Worked example 1 — scoring our own L1 certificate
Expectation: $\mathbb E[\chi^2_{\min}] = N - d_{\text{eff}} = 648 - 11 = 637$, so $\mathbb E[\chi^2/N] = 637/648 = 0.983$.
Spread: $\sigma(\chi^2_{\min}) = \sqrt{2 \times 637} = 35.7$, so $\sigma(\chi^2/N) = 35.7/648 = 0.055$.
Score the measurement: PPDF-11's L1 gave $\chi^2/N = 0.979$, i.e. $\chi^2_{\min} = 634.4$. Pull: $(634.4 - 637)/35.7 = -0.07\sigma$. As calibrated as a single realization can look.
Two lessons hiding in the arithmetic. First, the test is one draw from a distribution with $\sigma(\chi^2/N) = 0.055$: any single L1 between roughly $0.87$ and $1.09$ would also have passed, so one L1 can catch gross failures but cannot certify percent-level calibration — that is what coverage (many probe points) and repeated-realization L1 batteries add. Second, inverting the logic to measure $d_{\text{eff}}$ from one L1 gives $\hat d = N - 634.4 = 13.6 \pm 35.7$ — uselessly wide. The sharp estimate of constrained directions comes from the complexity $C = 13.7$ of the evidence run (§4.3), whose posterior average beats one noisy realization; the L1's job is only to be consistent with it, and (13.6 vs 11 vs 13.7, all within a fraction of $\sigma$) it is.

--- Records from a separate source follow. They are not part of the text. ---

-- ===== src/Master/Handlers/Beats.antt =====
-- src/master/master.cc: `HeartBeat`. Regrants are returned for the pool.
use gfs_impl_cpp.Base.{
  ltb, if◌then◌else◌, ℕ, ◌+◌, ◌%◌, Bool, true, false, ◌&&◌, ◌||◌, Option, none, some, List, [], ◌∷◌,
  ◌++◌,
}
use gfs_impl_cpp.Base.Bytes.{Bytes, bytes_key}
use gfs_impl_cpp.Base.Int.{ℤ, ◌+ℤ◌, ◌-ℤ◌, ltb_ℤ}
use gfs_impl_cpp.Base.Map.{nat_key, Set, lookup, insert, contains}
use gfs_impl_cpp.Common.Config.{Config}
use gfs_impl_cpp.Master.ChunkTable
use gfs_impl_cpp.Master.ChunkTable.{
  ChunkTable, ChunkMeta, add_location, remove_location, held_by_server,
}
use gfs_impl_cpp.Master.Registry.{touch}
use gfs_impl_cpp.Master.State.{u64_mod, LogRecord, bump_version}
use gfs_impl_cpp.Master.LeaseManager.{is_valid, extend_locked}
use gfs_impl_cpp.Master.Handlers.{Master}

pub record ChunkReport : Type 0 where
  pub handle : ℕ
  pub version : ℕ

pub record HeartBeatRequest : Type 0 where
  pub chunkserver_id : Bytes
  pub address : Bytes
  pub rack : Bytes
  pub chunks : List ChunkReport
  pub lease_extension_requests : List ℕ
  pub corrupt : List ℕ

-- The section's table and what it collects.
pub record Beat : Type 0 where
  pub table : ChunkTable
  pub deletes : List ℕ
  pub reported : Set ℕ
  pub regrants : List ℕ
  pub bumped : List LogRecord
  pub extended : List ℕ

abbrev pub valid_now : Config → ℤ → Option ChunkMeta → Bool
valid_now config now none = false
valid_now config now (some meta) = is_valid config meta now

-- `if (... && leases_.IsValid(*meta, t)) regrants.push_back(handle);` for the chunk as it is now.
unfoldable pub regrant_if : Config → ℤ → Bool → ℕ → Beat → Beat
regrant_if config now changed handle b =
    if changed && valid_now config now (ChunkTable.find b.table handle)
    then record b { regrants = b.regrants ++ handle ∷ [] }
    else b

-- A report on a chunk whose lease is being granted.
unfoldable pub report_granting : Bytes → ℤ → ChunkReport → ChunkMeta → Beat → Beat
report_granting server now report meta b =
    if ltb ((report.version + 1) % u64_mod) meta.version
    then record b {
      table = (remove_location b.table report.handle server).0;
      deletes = b.deletes ++ report.handle ∷ [];
    }
    else record b {
      table = (add_location b.table report.handle server now).0;
      reported = insert report.handle tt b.reported;
    }

-- A report of a version below the master's.
unfoldable pub report_stale : Config → Bytes → ℤ → ChunkReport → Beat → Beat
report_stale config server now report b =
    let removed = remove_location b.table report.handle server in
    regrant_if config now removed.1 report.handle
      (record b { table = removed.0; deletes = b.deletes ++ report.handle ∷ [] })

-- `meta->version = report.version(); Log(record);` for a version above the master's.
unfoldable pub adopt_version : ChunkReport → ChunkMeta → Beat → Beat
adopt_version report meta b =
    if ltb meta.version report.version
    then record b {
      table = ChunkTable.put b.table report.handle (record meta { version = report.version });
      bumped = b.bumped ++ bump_version report.handle report.version ∷ [];
    }
    else b

unfoldable pub report_current : Config → Bytes → ℤ → ChunkReport → ChunkMeta → Beat → Beat
report_current config server now report meta b =
    let b' = adopt_version report meta b in
    let added = add_location b'.table report.handle server now in
    regrant_if config now added.1 report.handle
      (record b' { table = added.0; reported = insert report.handle tt b.reported })

unfoldable pub report_one : Config → Bytes → ℤ → ChunkReport → Beat → Beat
report_one config server now report b = elim (ChunkTable.find b.table report.handle) [
  | none ↦ record b { deletes = b.deletes ++ report.handle ∷ [] }
  | some meta ↦
      if meta.granting
      then report_granting server now report meta b
      else if ltb report.version meta.version
      then report_stale config server now report b
      else report_current config server now report meta b
]

unfoldable pub report_all : Config → Bytes → ℤ → List ChunkReport → Beat → Beat
report_all config server now [] b = b
report_all config server now (report ∷ reports) b =
    report_all config server now reports (report_one config server now report b)

-- `since != end && t - since->second < config_.heartbeat_interval * 2`
abbrev pub in_grace : Config → ℤ → Option ℤ → Bool
in_grace config now none = false
in_grace config now (some since) =
    ltb_ℤ (now -ℤ since) (config.heartbeat_interval +ℤ config.heartbeat_interval)

-- A chunk that the server is known to hold and did not report.
unfoldable pub miss_one : Config → Bytes → ℤ → ℕ → Beat → Beat
miss_one config server now handle b = elim (ChunkTable.find b.table handle) [
  | none ↦ b
  | some meta ↦
      if contains handle b.reported || in_grace config now (lookup server meta.locations)
      then b
      else regrant_if config now true handle
          (record b { table = (remove_location b.table handle server).0 })
]

unfoldable pub miss_all : Config → Bytes → ℤ → Set ℕ → Beat → Beat
miss_all config server now [] b = b
miss_all config server now ((handle, _) ∷ known) b =
    miss_all config server now known (miss_one config server now handle b)

unfoldable pub corrupt_one : Config → Bytes → ℤ → ℕ → Beat → Beat
corrupt_one config server now handle b =
    let b' = record b { deletes = b.deletes ++ handle ∷ [] } in
    elim (ChunkTable.find b.table handle) [
      | none ↦ b'
      | some meta ↦
          regrant_if config now true handle
            (record b' { table = (remove_location b.table handle server).0 })
    ]

unfoldable pub corrupt_all : Config → Bytes → ℤ → List ℕ → Beat → Beat
corrupt_all config server now [] b = b
corrupt_all config server now (handle ∷ handles) b =
    corrupt_all config server now handles (corrupt_one config server now handle b)

unfoldable pub extend_one : Config → Bytes → ℤ → ℕ → Beat → Beat
extend_one config server now handle b = elim (ChunkTable.find b.table handle) [
  | none ↦ b
  | some meta ↦
      let extension = extend_locked config meta server now in
      if extension.1
      then record b {
        table = ChunkTable.put b.table handle extension.0;
        extended = b.extended ++ handle ∷ [];
      }
      else b
]

unfoldable pub extend_all : Config → Bytes → ℤ → List ℕ → Beat → Beat
extend_all config server now [] b = b
extend_all config server now (handle ∷ handles) b =
    extend_all config server now handles (extend_one config server now handle b)

unfoldable pub beat_section : Config → HeartBeatRequest → ℤ → ChunkTable → Beat
beat_section config req now t =
    let server = req.chunkserver_id in
    let b : Beat = record {
      table = t;
      deletes = [];
      reported = [];
      regrants = [];
      bumped = [];
      extended = [];
    } in
    let reported = report_all config server now req.chunks b in
    let missed = miss_all config server now (held_by_server t server) reported in
    extend_all config server now req.lease_extension_requests
      (corrupt_all config server now req.corrupt missed)

unfoldable pub heart_beat : Config → Master → HeartBeatRequest → ℤ → Master × Beat
heart_beat config m req now =
    let b = beat_section config req now m.state.chunks in
    (
      record {
        state = record m.state { chunks = b.table };
        registry = (touch m.registry req.chunkserver_id req.address req.rack now).0;
        logged = m.logged ++ b.bumped;
      },
      b,
    )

Worked example 2 — coverage arithmetic on 120 probe points
Binomial band: for $n = 120$ $x$-points and true coverage $p = 0.68$: $\sigma = \sqrt{0.68 \times 0.32 / 120} = \sqrt{0.001813} = 0.043$. So a calibrated pipeline should return measured coverage in $[63.7\%, 72.3\%]$ at $1\sigma$, $[59.5\%, 76.5\%]$ at $2\sigma$ — if the 120 checks were independent.
Score our spread: across flavours we measured 65% to 100%. The 65% flavour sits $0.7\sigma$ below 0.68 — textbook calibrated. The 100% flavour is formally $(1.00 - 0.68)/0.043 = 7.4\sigma$ high — but here the correlation caveat of Derivation 3 bites: adjacent $x$-points of one flavour's curve are driven by the same few parameters, so the effective number of independent checks is closer to the number of constrained directions feeding that flavour — order 10, not 120. With $n_{\text{eff}} = 10$, $\sigma = \sqrt{0.68 \times 0.32/10} = 0.148$, and 100% is a $2.2\sigma$ fluctuation on the conservative side.
Interpretation, stated the way the result card states it: no flavour is anti-conservative (nothing below the band) — the bands never lie downward; some flavours are conservative — bands wider than 68% where the data barely constrain them, which is the prior (honestly) doing the talking, §4.1's flat-direction regime. That pattern — calibrated where constrained, conservative where not — is precisely the signature of a healthy Bayesian pipeline with uninformative directions, and it is what PPDF-11's certificate records. The follow-up that would sharpen it from qualitative to quantitative: many-realization L1 batteries to measure $n_{\text{eff}}$ per flavour directly — logged as future work in the wiki.